На кладбище Св. Иосифа обыкновенно хоронили самоубийц и детей, умерших без крещения. Очевидно, не Арманда избрала это место для могилы Мольера. Этого кладбища в настоящее время нет. В дни Французской революции кости знаменитого писателя были отрыты для перенесения в более почетное место. Существует, однако, подозрение, что почитатели Мольера впали при этом в ошибку и вырыли гроб, принадлежащий не Мольеру. Теперь эти останки покоятся на кладбище Пер-Лашез.
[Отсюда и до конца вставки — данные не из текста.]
-- ===== src/Builders/KeeperConfig.antt =====
-- controller/clickhouse_keeper.go: the configuration of a ClickHouse Keeper server, as a list of lines.
use Prim.Native.String.{◌++◌}
use mathlib.Core.List.{flat_map, ◌++◌ as append}
use telemetry_operator.Base.{ℤ, ℕ, String, List, [], ◌∷◌, rounds}
use telemetry_operator.Base.Text.{show}
use telemetry_operator.Kube.{Kube}
use telemetry_operator.Api.Telemetry.{Telemetry}
use telemetry_operator.Builders.Labels.{count_up}
use telemetry_operator.Builders.Pod.{or_text, lines_text}

pub record KeeperParams : Type 0 where
  pub namespace : String
  pub name : String
  pub ids : List ℕ
  pub log_level : String

abbrev keeper_head_lines : KeeperParams → List String
keeper_head_lines p =
    "<clickhouse>"
    ∷ "<logger>"
    ∷ "    <console>1</console>"
    ∷ ("    <level>" ++ p.log_level ++ "</level>")
    ∷ "</logger>"
    ∷ ""
    ∷ "<listen_host>::</listen_host>"
    ∷ "<listen_host>0.0.0.0</listen_host>"
    ∷ "<listen_try>1</listen_try>"
    ∷ ""
    ∷ "<keeper_server>"
    ∷ "    <tcp_port>9181</tcp_port>"
    ∷ "    <server_id>SERVER_ID</server_id>"
    ∷ "    <log_storage_path>/var/lib/clickhouse-keeper/coordination/log</log_storage_path>"
    ∷ "    <snapshot_storage_path>/var/lib/clickhouse-keeper/coordination/snapshots</snapshot_storage_path>"
    ∷ ""
    ∷ "    <coordination_settings>"
    ∷ "        <operation_timeout_ms>10000</operation_timeout_ms>"
    ∷ "        <session_timeout_ms>30000</session_timeout_ms>"
    ∷ "        <raft_logs_level>trace</raft_logs_level>"
    ∷ "    </coordination_settings>"
    ∷ ""
    ∷ "    <feature_flags>"
    ∷ "        <check_not_exists>0</check_not_exists>"
    ∷ "        <create_if_not_exists>0</create_if_not_exists>"
    ∷ "    </feature_flags>"
    ∷ ""
    ∷ "    <http_control>"
    ∷ "        <port>9182</port>"
    ∷ "        <readiness>"
    ∷ "            <endpoint>/ready</endpoint>"
    ∷ "        </readiness>"
    ∷ "    </http_control>"
    ∷ ""
    ∷ "    <raft_configuration>"
    ∷ []

abbrev pub server_host : KeeperParams → ℕ → String
server_host p id =
    p.name
    ++ "-clickhouse-keeper-"
    ++ show id
    ++ "."
    ++ p.name
    ++ "-clickhouse-keeper-headless."
    ++ p.namespace

abbrev pub hostname_line : String → String
hostname_line host = "            <hostname>" ++ host ++ "</hostname>"

abbrev server_lines : KeeperParams → ℕ → List String
server_lines p id =
    "        <server>"
    ∷ ("            <id>" ++ show id ++ "</id>")
    ∷ hostname_line (server_host p id)
    ∷ "            <port>9234</port>"
    ∷ "        </server>"
    ∷ []

-- The lines of the template's text.
unfoldable pub clickhouse_keeper_config_lines : KeeperParams → List String
clickhouse_keeper_config_lines p = append (keeper_head_lines p) (
    append (flat_map (server_lines p) p.ids)
      ("    </raft_configuration>" ∷ "</keeper_server>" ∷ "</clickhouse>" ∷ []))

module _ (K : Kube) where
  abbrev pub keeper_params : Telemetry K → ℤ → KeeperParams
  keeper_params cr replicas = record {
    namespace = cr.namespace;
    name = cr.name;
    ids = count_up 0 (rounds replicas);
    log_level = or_text cr.spec.clickhouse.keeper.log_level "warning";
  }

  -- clickhouseKeeperConfigCmd
  unfoldable pub clickhouse_keeper_config_cmd : String → Telemetry K → ℤ → String
  unfolding clickhouse_keeper_config_lines lines_text
  clickhouse_keeper_config_cmd filename cr replicas =
      "cat <<EOF | sed s/SERVER_ID/$(echo $HOSTNAME | sed -E 's/.*-([0-9]+)$/\\1/')/ > "
      ++ filename
      ++ lines_text (clickhouse_keeper_config_lines (keeper_params cr replicas))
      ++ "EOF"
Среди современников Мольера не было недостатка в истинных ценителях его гения. Одна из гравюр того времени изображает великого писателя торжествующим победу над Пороком и Лицемерием… Мольер полулежит на софе в ярко освещенной комнате с видом на аллею прекрасного сада. В руках Мольера книга, по всей вероятности «Тартюф», у ног его две мрачные фигуры: одна – косматая, с бородой, смотрит сумрачно, глядя исподлобья; другая, с повязкой, приподнятой на лице, страдая и болезненно корчась, отворачивается от света.
Эти мрачные существа – Порок и Лицемерие (А. Веселовский. «Тартюф»).
Существуют сведения, что французская Академия предлагала Мольеру звание ее члена, но с условием отказа его от сцены. Поэт высоко ставил звание актера, он не менял своих убеждений и не шел на сделки с совестью, а потому отказался. Он занял место в Академии уже после смерти. В начале XIX века в зале торжественных собраний Института был поставлен бюст великого писателя с надписью:
«Rien ne manque à sa gloire,
Il manquait à la nôtre».
Что значит: «Для его славы ничего не нужно, но для нашей – нужен он».